Given the financial harm to employers and their employees by this tactic, the solution of “ban PBM-pharmacy co-ownership” feels long overdue. The incentive to create a pricing scheme with inflated margins for rare drugs and suppressed pricing for common drugs disappears if you ban PBM-pharmacy co-ownership (and secondarily ban spread pricing). Why would you, as a PBM, reimburse a competitor $0.35 for carbamazepine and your own pharmacy $6,229 for teriflunomide (cash price of ~$32 per the JP Morgan suit) in the absence of a self-dealing PBM-pharmacy relationship?
While I’m on the subject, the existence of different “Maximum Allowable Costs” for different pharmacies for the same exact drug for the same patient on the same day is an insult to the english language. If a MAC is a “maximum” for me, it’s the “maximum” for my competitors too. It’s an incredibly widespread practice and it makes me feel crazy. I have plenty of publicly available evidence of this that I will likely make the topic of an upcoming rambling.

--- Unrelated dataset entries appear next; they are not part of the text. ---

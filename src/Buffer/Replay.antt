-- ===== src/Buffer/Replay.antt =====
-- The replay of what was recovered puts every table's batches to it.
use potatodb.Prelude.{
  ◌≡◌, refl, sym, ap, ◌∙◌, subst, String, Bool, true, false, Option, none, some, List, [], ◌∷◌,
  is_empty, if◌then◌else◌, str_eq, str_eq_iff, Bool-cases, inl, inr,
}
use potatodb.Prelude.HashMap.{get-Fresh, HashMap, get, Fresh, Unique}
use potatodb.Catalog.Types.{TableMeta}
use potatodb.Arrow.Holds.{Logged, cleared, batches_of}
use potatodb.Arrow.Reopen.{nothing}
use potatodb.Buffer.State.{Env, Db, done, ◌>>=◌, total}
use potatodb.Buffer.Flush.{flush_table}
use potatodb.Buffer.Insert.{Moment, buffer_insert_batches}
use potatodb.Buffer.Recover.{replay_table, replay_tables, replay_recovered}
use potatodb.Buffer.Sound.{Sound, Ends, Ends-bind}
use potatodb.Buffer.Stage.{written}
use potatodb.Buffer.Buffered.{Both, flush_table-Both}
use potatodb.Buffer.Inserted.{After, no_rows, buffer_insert_batches-After}
use potatodb.Buffer.Statements.{empty-Rows}

module _ {e : Env} (s : Sound e) where
  open s use {Content, content, put}

  -- What the tables hold when the recovered batches are put to them.
  abbrev replayed : HashMap (List e.ipc.Batch) → (String → Content) → String → Content
  replayed [] g = g
  replayed ((table, batches) ∷ rs) g = replayed rs (written s table none batches g)

  replayed-get :
      (rs : HashMap (List e.ipc.Batch)) (g : String → Content) (t : String)
      → Unique rs
      → replayed rs g t ≡ put (g t) none (batches_of e.ipc (get rs t))
  unfolding get batches_of
  replayed-get [] g t u = sym (s.put_empty (g t) none [] refl)
  replayed-get ((table, batches) ∷ rs) g t u = elim (Bool-cases (str_eq table t)) [
    | inl q ↦
        let here : table ≡ t = (str_eq_iff table t).0 q in
        rw
          (
            replayed-get rs (written s table none batches g) t u.1,
            q,
            get-Fresh rs t (subst (λ k. Fresh k rs) here u.0),
          )
          (s.put_empty (put (g t) none batches) none [] refl)
    | inr q ↦ rw (replayed-get rs (written s table none batches g) t u.1, q) refl
  ]

  module _ (C : HashMap TableMeta) where
    -- Nothing is buffered, and the tables hold `g`, while the log is replayed.
    abbrev Quiet : (String → Content) → Db e → Type 0
    Quiet g d = (L : Logged e.ipc) × ((t : String) → L t ≡ []) × Both s C true L g 0 d

    more :
        (L : Logged e.ipc) (g : String → Content) (d : Db e)
        → Both s C true L g 0 d
        → Both s C true L g 1 d
    more L g d (h, k) = (h, λ z. cc)

    -- Tables that are not in the catalog have nothing in the log.
    abbrev Known : HashMap (List e.ipc.Batch) → Type 0
    Known [] = Unit
    Known ((table, batches) ∷ rs) = (get C table ≡ none → batches ≡ []) × Known rs

    replay_table-Quiet :
        (m : Moment) (table : String) (batches : List e.ipc.Batch) (g : String → Content) (d : Db e)
        → (get C table ≡ none → batches ≡ [])
        → Quiet g d
        → Ends (Quiet (written s table none batches g)) (replay_table e m table batches d)
    replay_table-Quiet m table batches g d known (L, empty, h) =
        go (get d.catalog.tables table) refl
      where
        g1 : String → Content
        g1 = written s table none batches g

        go :
            (o : Option TableMeta)
            → get d.catalog.tables table ≡ o
            → Ends {A = Unit {0}} (Quiet g1) (elim o [
              | none ↦ done tt d
              | some meta ↦
                  (buffer_insert_batches e m table none batches d >>= λ _ d1.
                  flush_table e m.faults table d1 >>= λ _ d2. done tt d2)
            ])
        go none q = (
          L,
          empty,
          no_rows s C true L g 0 table batches d
              (ap (total e.num_rows) (known (h.0.tables table q))) h,
        )
        go (some meta) q =
            Ends-bind (After s C true L g1 0 table) (Quiet g1) _ _
              (buffer_insert_batches-After s C true L g 0 m table batches d (more L g d h))
              λ u d1 (L1, others, k).
                Ends-bind (Both s C true (cleared e.ipc table L1) g1 0) (Quiet g1) _ _
                  (flush_table-Both s C true L1 g1 0 m.faults table d1 k)
                  λ n d2 k2. (
                    cleared e.ipc table L1,
                    λ t. elim (Bool-cases (str_eq table t)) [
                      | inl z ↦ rw z refl
                      | inr z ↦ rw z (others t z ∙ empty t)
                    ],
                    k2,
                  )

    replay_tables-Quiet :
        (m : Moment) (rs : HashMap (List e.ipc.Batch)) (g : String → Content) (d : Db e)
        → Known rs
        → Quiet g d
        → Ends (Quiet (replayed rs g)) (replay_tables e m rs d)
    unfolding replay_tables
    replay_tables-Quiet m [] g d known h = h
    replay_tables-Quiet m ((table, batches) ∷ rs) g d known h =
        let g1 = written s table none batches g in
        Ends-bind (Quiet g1) (Quiet (replayed rs g1)) (replay_table e m table batches d) _
          (replay_table-Quiet m table batches g d known.0 h)
          λ u d1 k. replay_tables-Quiet m rs g1 d1 known.1 k

  recovered-Known :
      (C : HashMap TableMeta) (rs : HashMap (List e.ipc.Batch))
      → Unique rs
      → ((t : String) → get C t ≡ none → batches_of e.ipc (get rs t) ≡ [])
      → Known C rs
  unfolding get batches_of
  recovered-Known C [] u h = tt
  recovered-Known C ((table, batches) ∷ rs) u h = (
    λ q.
        ap (λ b. batches_of e.ipc (if b then some batches else get rs table))
          (sym ((str_eq_iff table table).1 refl))
        ∙ h table q,
    recovered-Known C rs u.1 λ t q. elim (Bool-cases (str_eq table t)) [
      | inl z ↦
          ap (batches_of e.ipc)
            (get-Fresh rs t (subst (λ k. Fresh k rs) ((str_eq_iff table t).0 z) u.0))
      | inr z ↦ ap (λ b. batches_of e.ipc (if b then some batches else get rs t)) (sym z) ∙ h t q
    ],
  )

  none_in :
      (rs : HashMap (List e.ipc.Batch)) (t : String)
      → is_empty rs ≡ true
      → batches_of e.ipc (get rs t) ≡ []
  unfolding get batches_of
  none_in [] t q = refl
  none_in (x ∷ rs) t q = cc

  pub replay_recovered-stored :
      (m : Moment) (rs : HashMap (List e.ipc.Batch)) (d : Db e)
      → d.write_buffer ≡ []
      → Unique rs
      → ((t : String) → get d.catalog.tables t ≡ none → batches_of e.ipc (get rs t) ≡ [])
      → Ends
          (λ d1.
            (t : String)
            → content d1.world t ≡ put (content d.world t) none (batches_of e.ipc (get rs t)))
          (replay_recovered e m d (some rs))
  replay_recovered-stored m rs d empty u known = replayed_or_not (is_empty rs) refl
    where
      start : Quiet d.catalog.tables (content d.world) (record d { replaying_wal = true })
      start = (
        nothing e.ipc,
        λ t. refl,
        (empty-Rows s true (record d { replaying_wal = true }) empty refl, λ z. cc),
      )

      replayed_or_not :
          (b : Bool)
          → is_empty rs ≡ b
          → Ends {A = Unit {0}}
              (λ d1.
                (t : String)
                → content d1.world t ≡ put (content d.world t) none (batches_of e.ipc (get rs t)))
              (if b
                then done tt d
                else (replay_tables e m rs (record d { replaying_wal = true }) >>= λ _ d1.
                    done tt (record d1 { replaying_wal = false })))
      replayed_or_not true q = λ t. sym (
          s.put_empty (content d.world t) none (batches_of e.ipc (get rs t))
            (ap (total e.num_rows) (none_in rs t q)))
      replayed_or_not false q =
          Ends-bind (Quiet d.catalog.tables (replayed rs (content d.world))) _ _ _
            (replay_tables-Quiet d.catalog.tables m rs (content d.world)
              (record d { replaying_wal = true }) (recovered-Known d.catalog.tables rs u known)
              start)
            λ x d1 (L, none_left, (h, k)) t.
              sym
                (s.put_empty (content d1.world t) none (L t) (ap (total e.num_rows) (none_left t)))
              ∙ h.stored t
              ∙ replayed-get rs (content d.world) t u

The best analogy I can come up with for the PBM-specialty pharmacy co-ownership that drives at least 28% of prescription drug revenues in the US is in real estate. Most homebuyers use a buyer’s agent to assist them in purchasing a house and negotiate down the sales price. Imagine a buyer’s agent that attempts to sell you THEIR OWN home. Their incentives would be fundamentally against yours - it’s far worse than if they were both the buyer’s and seller’s agents, they are the seller! You would not trust their analysis of what the home costs. And yet, that’s the basic scheme of PBM-pharmacy co-ownership. The PBM is ostensibly the buyer’s agent for the employer/health plan and the members of the health plan, and simultaneously they are the primary or even sole pharmacy selling the most expensive prescription drugs.
This charade of corporate violence against the public cannot be allowed to continue. Congress must pass the PBM Act into law as soon as possible - it’s good public policy to put Patients Before Monopolies.
Great rambling Benjamin. I agree with everything you stated. It is time for Congress to act in conjunction with the president's EO on drug pricing. Patients, practitioners, and pharmacies have suffered long enough. Then they need to tackle our completely dysfunctional healthcare system.
I worked for CVS as a pharmacy tech. I watched people cry as they walked away without life-sustaining medication because they couldn't afford it. Diabetics need their insulin to live. Massachusetts has a law requiring pharmacies to fill with generics unless it says "dispense as written." EpiPens, even the generic brand, are hundreds of dollars. By statute, school-age children are required to have three. Pharmaceuticals claim they need to recoup funds for R&D. Nonsense. The most significant slice of the pie is marketing. R&D is a sliver.